# DO NOT buy an "Expert Grill" Charcoal Chimney



## tsonka (Jan 6, 2018)

I wanted a second charcoal chimney, went to Wal-Mart, they dod not have a Weber one (which is what my other is), so I bought what they did have.


This thing is a burn hazard, as the coals became hot the wood handle started burning













And as you can tell by the stickers showing no sign of heat, I did not have it super hot


----------



## SmokinAl (Jan 6, 2018)

Holy cow!
That's not good!
Al


----------



## bdskelly (Jan 6, 2018)

I went with house brand once. It burned out in less that one summer. My Weber is 3 years old now and is still solid. The key is after they cool take them into the garage and store it there . Don’t leave them outside in the rain to rust and corrode.


----------



## PerazziMx14 (Jan 6, 2018)

Please remove


----------



## Grillingone (Mar 25, 2021)

tsonka said:


> I wanted a second charcoal chimney, went to Wal-Mart, they dod not have a Weber one (which is what my other is), so I bought what they did have.
> 
> 
> This thing is a burn hazard, as the coals became hot the wood handle started burning
> ...


The "Expert Grill" products by walmart are the worst.  I too wanted a second chimney and was in walmart and looked for Weber just like the one I have.  The didn't have so I bought the walmart Expert Grill Chimney.  It now has a cheap plastic handle.  Well, I started it up and when the coals were ready I put on my fireproof glove and picked up the handle.  The chimney fell over into the grill and the plastic handle was stuck to my glove.  It just melted right off the chimney.  If I had picked it up with a bare hand, like in the picture on the product, I would have lost all my fingers.


----------



## RiversideSm0ker (Mar 25, 2021)

Holy moly!!!

G


----------



## texomakid (Mar 25, 2021)

Wow! Good info guys. This might save someone from injury or worse.


----------



## forktender (Mar 25, 2021)

That's insane.


----------



## mlk18 (Mar 26, 2021)

I presume 95% of the people who buy Expert Grill products will use them very casually 3 maybe 4 times per summer and then toss them in a shed. Or buy them as a short term unit until something of good quality comes in stock.


----------



## bill1 (Apr 1, 2021)

"Other than that Mrs Lincoln, how did you like the play?"...  

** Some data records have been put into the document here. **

-- ===== src/Prelude/Results.antt =====
-- Rust's `Result`, and `Option` as the monad of code that may panic.
use mathlib.Core.Path.{◌≡◌, refl}
use mathlib.Core.Logic.{◌⊎◌, inl, inr}
use mathlib.Core.Option.{Option, none, some}
use native.Mathlib.Omega.{arith}

pub data Result {ℓ κ} (E : Type ℓ) (A : Type κ) : Type (ℓ ⊔ κ) where
  ok : A → Result E A
  err : E → Result E A

infixl 5 ◌>>=◌
abbrev pub ◌>>=◌ {ℓ κ} : {A : Type ℓ} {B : Type κ} → Option A → (A → Option B) → Option B
none >>= f = none
some a >>= f = f a

-- A successful bind has a successful first part.
pub >>=-eq-some {ℓ κ} :
    {A : Type ℓ} {B : Type κ} (m : Option A) (f : A → Option B) {b : B}
    → (m >>= f) ≡ some b
    → (a : A) × (m ≡ some a) × (f a ≡ some b)
>>=-eq-some none f h = absurd (ground arith)
>>=-eq-some (some a) f h = (a, refl, h)

-- `.expect(…)` on the outcome of a call that also changes a store: `none` is the panic.
abbrev pub expect {ℓ κ ι} : {E : Type ℓ} {A : Type κ} {S : Type ι} → Result E A × S → Option S
expect (ok a, s) = some s
expect (err e, s) = none

abbrev pub expect_value {ℓ κ} : {E : Type ℓ} {A : Type κ} → Result E A → Option A
expect_value (ok a) = some a
expect_value (err e) = none

pub Result-cases :
    {E A : Type 0} (r : Result E A) → ((e : E) × (r ≡ err e)) ⊎ ((a : A) × (r ≡ ok a))
Result-cases (err e) = inl (e, refl)
Result-cases (ok a) = inr (a, refl)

The walmart website shows the present model is the plastic handle with two short sheet metal screws--clearly a problematic design.  The wood handle would be a safety improvement but it appears that was NOT the product's development cycle and that the earlier wood design was changed, probably to be made cheaper in plastic.  

I think the product would be usable if one immediately replaced the  plastic with a hardwood wooden dowel attached with (at least) 1" long screws.  Painting the back side of the heat shield in black would help, but I note others don't do that.  And of course, adding a second heat shield (roofing flashing would be fine) would work wonders as well.    

I can't really account for Tsonka's handle charring since Weber and others use wood handles as well and a single similar heat shield.  I suspect the difference is the use of (high density) hardwoods in the successful designs instead of something that could have been bamboo-like in Tsonka's iteration.  

I've seen products get recalled for less.  There's probably a way to report this....???


----------



## SmokinEdge (Apr 1, 2021)

tsonka said:


> I wanted a second charcoal chimney, went to Wal-Mart, they dod not have a Weber one (which is what my other is), so I bought what they did have.
> 
> 
> This thing is a burn hazard, as the coals became hot the wood handle started burning
> ...


Trying to wrap my mind around the fact that paper decals on the chimney did not burn at all ( closest to the fire) yet a hard wood handle 4” from the heat source burns? I’m having a problem believing that. Sorry.


----------



## bill1 (Apr 2, 2021)

The plastic handle merely had to _*melt *_at the connection points to fail.  There's a fairly hefty thermal conduction path out to those plastic handle attachment screws via the handle support, more than the weaker thermal conduction path to the heat shield via their attachment rivets.
Plus, plastics can melt as low as 350F.  The paper labels would burn at "Fahrenheit 451" so could survive while the plastic handle gave way.
But like SmokinEdge I do have some misgivings with the wood handle pic.  The charring appearance isn't at the top and bottom, nor on the edge facing  the (labeled) heat sheld, but the "away" side, and that wooden handle would not be easily rotated.  Not sure there wasn't another heat source at play on that one, besides the coals inside .


----------